◆ EXERCISE
After finding the line with "unfolding read_process" in the data below, set down exactly each line through the one with "(f go : ℕ → Reply Locality) (p : ℕ)", inclusive, and stop there.

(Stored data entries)

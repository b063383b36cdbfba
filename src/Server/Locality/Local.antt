-- ===== src/Server/Locality/Local.antt =====
-- A caller taken for local is at the machine (faceauth-daemon/src/server/locality.rs,
-- `locality_of` and `locality_with`).
use mathlib.Core.Path.{subst}
use omarchy_faceauth.Prelude.{
  sym, ap, ◌∙◌, ℕ, ◌≡◌, ◌⊎◌, inl, inr, refl, Bool, true, false, Option, none, some, Text, codes,
  arith, ◌++◌, starts_with,
}
use omarchy_faceauth.Prelude.Splits.{lines, decimal}
use omarchy_faceauth.Server.ProcView.{Reply, ok, ◌>>=◌, or_err, ProcView, AgentPeer, cgroup_path}
use omarchy_faceauth.Server.Locality.{
  Locality, local, Ancestry, reached, ssh, deep, unreadable, climb, max_depth, place, judge,
  locality_of, locality_with,
}
use omarchy_faceauth.Server.Locality.Helpers.{IsHelperOf}
use omarchy_faceauth.Server.Locality.Vouching.{
  CleanChain, climb-CleanChain, Vouched, seated_parts, or_err-ok, Seats, Follows, place-local,
}

-- The process is in a unit of the system's, by its cgroup.
abbrev pub InSystemSlice : ProcView → ℕ → Text → Type 0
InSystemSlice v p path =
    (cgroup : Text) × (v.cgroup p ≡ some cgroup)
    × (cgroup_path (lines cgroup) ≡ some path)
    × (starts_with (codes "/system.slice/") path ≡ true)

-- What a local answer of `judge` comes from.
abbrev Judged : ProcView → Option (ℕ → Reply Locality) → ℕ → Text → Option AgentPeer → Type 0
Judged v follow p user a =
    CleanChain v p
    × (target : ℕ) × (v.user_uid user ≡ some target)
    × (((v.real_uid p ≡ some 0) × (path : Text) × InSystemSlice v p path × Follows v follow path a)
        ⊎ Seats v p target a)

Ancestry-cases : (a : Ancestry) (A : Type 0) → (a ≡ reached → A) → ((a ≡ reached → ⊥) → A) → A
Ancestry-cases reached A f g = f refl
Ancestry-cases deep A f g = g (λ e. cc)
Ancestry-cases (ssh c p) A f g = g (λ e. cc)
Ancestry-cases (unreadable p) A f g = g (λ e. cc)

read_process : ProcView → Option (ℕ → Reply Locality) → ℕ → Text → Reply Locality
read_process v follow pid user = do
  real_uid ← or_err (v.real_uid pid) (codes "no uid for process " ++ decimal pid)
  cgroup ← or_err (v.cgroup pid) (codes "no cgroup for process " ++ decimal pid)
  path ← or_err (cgroup_path (lines cgroup)) (codes "no cgroup path")
  target ← or_err (v.user_uid user) (codes "unknown user " ++ user)
  place v follow real_uid cgroup path target

judge-reached :
    (v : ProcView) (follow : Option (ℕ → Reply Locality)) (p : ℕ) (user : Text)
    (a : Option AgentPeer)
    → judge v follow p user ≡ ok (local a)
    → (climb v max_depth p ≡ reached) × (read_process v follow p user ≡ ok (local a))
unfolding judge read_process
judge-reached v follow p user a h = (ground arith, ground arith)

judge-Judged :
    (v : ProcView) (follow : Option (ℕ → Reply Locality)) (p : ℕ) (user : Text)
    (a : Option AgentPeer)
    → judge v follow p user ≡ ok (local a)
    → Judged v follow p user a
unfolding read_process
judge-Judged v follow p user a h =
    let (top, h₀) = judge-reached v follow p user a h in
    let (real_uid, e₁, h₁) = or_err-ok (v.real_uid p) _ _ (local a) h₀ in
    let (cgroup, e₂, h₂) = or_err-ok (v.cgroup p) _ _ (local a) h₁ in
    let (path, e₃, h₃) = or_err-ok (cgroup_path (lines cgroup)) _ _ (local a) h₂ in
    let (target, e₄, h₄) = or_err-ok (v.user_uid user) _ _ (local a) h₃ in
    (
      climb-CleanChain v max_depth p top,
      target,
      e₄,
      elim (place-local v follow p real_uid cgroup path target a e₂ e₃ h₄) [
        | inl (root, system, follows) ↦ inl (ground arith, path, (cgroup, e₂, e₃, system), follows)
        | inr seats ↦ inr seats
      ],
    )

seated-Vouched :
    (v : ProcView) (user : Text) (p target : ℕ) (a : Option AgentPeer)
    → CleanChain v p
    → v.user_uid user ≡ some target
    → Seats v p target a
    → Vouched v user p
seated-Vouched v user p target a clean is_target (free, id, s, known, seated, belongs) =
    let (here, seat, class) = seated_parts s seated in
    record {
      chain = clean;
      target = target;
      is_target = is_target;
      id = id;
      session = s;
      known = known;
      here = here;
      seated = seat;
      of_user = class;
      belongs = belongs;
    }

-- The process that the answer is about: the caller itself, or the agent that the name of the unit of
-- polkit's helper, which the caller runs in as root, tells, pinned by its pidfs id.
abbrev pub Serves : ProcView → ℕ → Option AgentPeer → ℕ → Type 0
Serves v pid none p = p ≡ pid
Serves v pid (some agent) p =
    (p ≡ agent.pid)
    × (v.pidfd_id p ≡ some agent.id)
    × (v.real_uid pid ≡ some 0)
    × ((path : Text) × InSystemSlice v pid path × IsHelperOf agent path)

-- An agent met through a helper is not followed further.
agent-Vouched :
    (v : ProcView) (user : Text) (p : ℕ) (b : Option AgentPeer)
    → judge v none p user ≡ ok (local b)
    → Vouched v user p
agent-Vouched v user p b h =
    let (clean, target, is_target, from) = judge-Judged v none p user b h in
    elim from [
      | inl (root, path, system, (go, agent, c, e, g, k, helper, l)) ↦ absurd (cc)
      | inr seats ↦ seated-Vouched v user p target b clean is_target seats
    ]

ask-agent :
    (f go : ℕ → Reply Locality) (p : ℕ)
    → ◌≡◌ {A = Option (ℕ → Reply Locality)} (some f) (some go)
    → f p ≡ go p
ask-agent f go p e = ap (λ (o : Option (ℕ → Reply Locality)). asked o) e
  where
    asked : Option (ℕ → Reply Locality) → Reply Locality
    asked none = f p
    asked (some g) = g p

caller-Vouched :
    (v : ProcView) (user : Text) (pid : ℕ) (a : Option AgentPeer)
    → locality_of v pid user false ≡ ok (local a)
    → CleanChain v pid × ((p : ℕ) × Serves v pid a p × Vouched v user p)
unfolding locality_of
caller-Vouched v user pid a h =
    let (clean, target, is_target, from) =
      judge-Judged v (some (λ agent. judge v none agent user)) pid user a h in
    elim from [
      | inl (root, path, system, (go, agent, b, e, is_agent, pinned, helper, asked)) ↦
          let same : judge v none agent.pid user ≡ ok (local b) =
            ask-agent (λ q. judge v none q user) go agent.pid e ∙ asked in
          (
            clean,
            (
              agent.pid,
              subst (λ o. Serves v pid o agent.pid) (sym is_agent)
                  (refl, pinned, root, (path, system, helper)),
              agent-Vouched v user agent.pid b same,
            ),
          )
      | inr seats ↦ (
        clean,
        (
          pid,
          subst (λ o. Serves v pid o pid) (sym seats.0) refl,
          seated-Vouched v user pid target a clean is_target seats,
        ),
      )
    ]

locality_with-local :
    (v : ProcView) (pid : ℕ) (pidfd : Option Bool) (user : Text) (a : Option AgentPeer)
    → locality_with v pid pidfd user ≡ local a
    → (pidfd ≡ some false) × (locality_of v pid user false ≡ ok (local a))
unfolding locality_with
locality_with-local v pid pidfd user a h = (ground arith, ground arith)

-- A caller is taken for local only if its process was still running after the reads, no process
-- above it is OpenSSH's, and it is vouched for; or, if it is root's and runs in a unit of the system's
-- named `polkit-agent-helper@<instance>.service`, the agent whose pid and pidfs id the instance names
-- is, and the pid still has that id. Who is vouched for: its parents lead to init past no OpenSSH process, and a session
-- of the target user that it belongs to is not remote, is on a seat and is of class "user". No
-- helper is followed through another helper.
pub local-Vouched :
    (v : ProcView) (pid : ℕ) (pidfd : Option Bool) (user : Text) (agent : Option AgentPeer)
    → locality_with v pid pidfd user ≡ local agent
    → (pidfd ≡ some false) × CleanChain v pid × ((p : ℕ) × Serves v pid agent p × Vouched v user p)
local-Vouched v pid pidfd user agent h =
    let (alive, found) = locality_with-local v pid pidfd user agent h in
    let (clean, vouched) = caller-Vouched v user pid agent found in (alive, clean, vouched)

◆ ANSWER BOX
unfolding read_process
judge-Judged v follow p user a h =
    let (top, h₀) = judge-reached v follow p user a h in
    let (real_uid, e₁, h₁) = or_err-ok (v.real_uid p) _ _ (local a) h₀ in
    let (cgroup, e₂, h₂) = or_err-ok (v.cgroup p) _ _ (local a) h₁ in
    let (path, e₃, h₃) = or_err-ok (cgroup_path (lines cgroup)) _ _ (local a) h₂ in
    let (target, e₄, h₄) = or_err-ok (v.user_uid user) _ _ (local a) h₃ in
    (
      climb-CleanChain v max_depth p top,
      target,
      e₄,
      elim (place-local v follow p real_uid cgroup path target a e₂ e₃ h₄) [
        | inl (root, system, follows) ↦ inl (ground arith, path, (cgroup, e₂, e₃, system), follows)
        | inr seats ↦ inr seats
      ],
    )

seated-Vouched :
    (v : ProcView) (user : Text) (p target : ℕ) (a : Option AgentPeer)
    → CleanChain v p
    → v.user_uid user ≡ some target
    → Seats v p target a
    → Vouched v user p
seated-Vouched v user p target a clean is_target (free, id, s, known, seated, belongs) =
    let (here, seat, class) = seated_parts s seated in
    record {
      chain = clean;
      target = target;
      is_target = is_target;
      id = id;
      session = s;
      known = known;
      here = here;
      seated = seat;
      of_user = class;
      belongs = belongs;
    }

-- The process that the answer is about: the caller itself, or the agent that the name of the unit of
-- polkit's helper, which the caller runs in as root, tells, pinned by its pidfs id.
abbrev pub Serves : ProcView → ℕ → Option AgentPeer → ℕ → Type 0
Serves v pid none p = p ≡ pid
Serves v pid (some agent) p =
    (p ≡ agent.pid)
    × (v.pidfd_id p ≡ some agent.id)
    × (v.real_uid pid ≡ some 0)
    × ((path : Text) × InSystemSlice v pid path × IsHelperOf agent path)

-- An agent met through a helper is not followed further.
agent-Vouched :
    (v : ProcView) (user : Text) (p : ℕ) (b : Option AgentPeer)
    → judge v none p user ≡ ok (local b)
    → Vouched v user p
agent-Vouched v user p b h =
    let (clean, target, is_target, from) = judge-Judged v none p user b h in
    elim from [
      | inl (root, path, system, (go, agent, c, e, g, k, helper, l)) ↦ absurd (cc)
      | inr seats ↦ seated-Vouched v user p target b clean is_target seats
    ]

ask-agent :
    (f go : ℕ → Reply Locality) (p : ℕ)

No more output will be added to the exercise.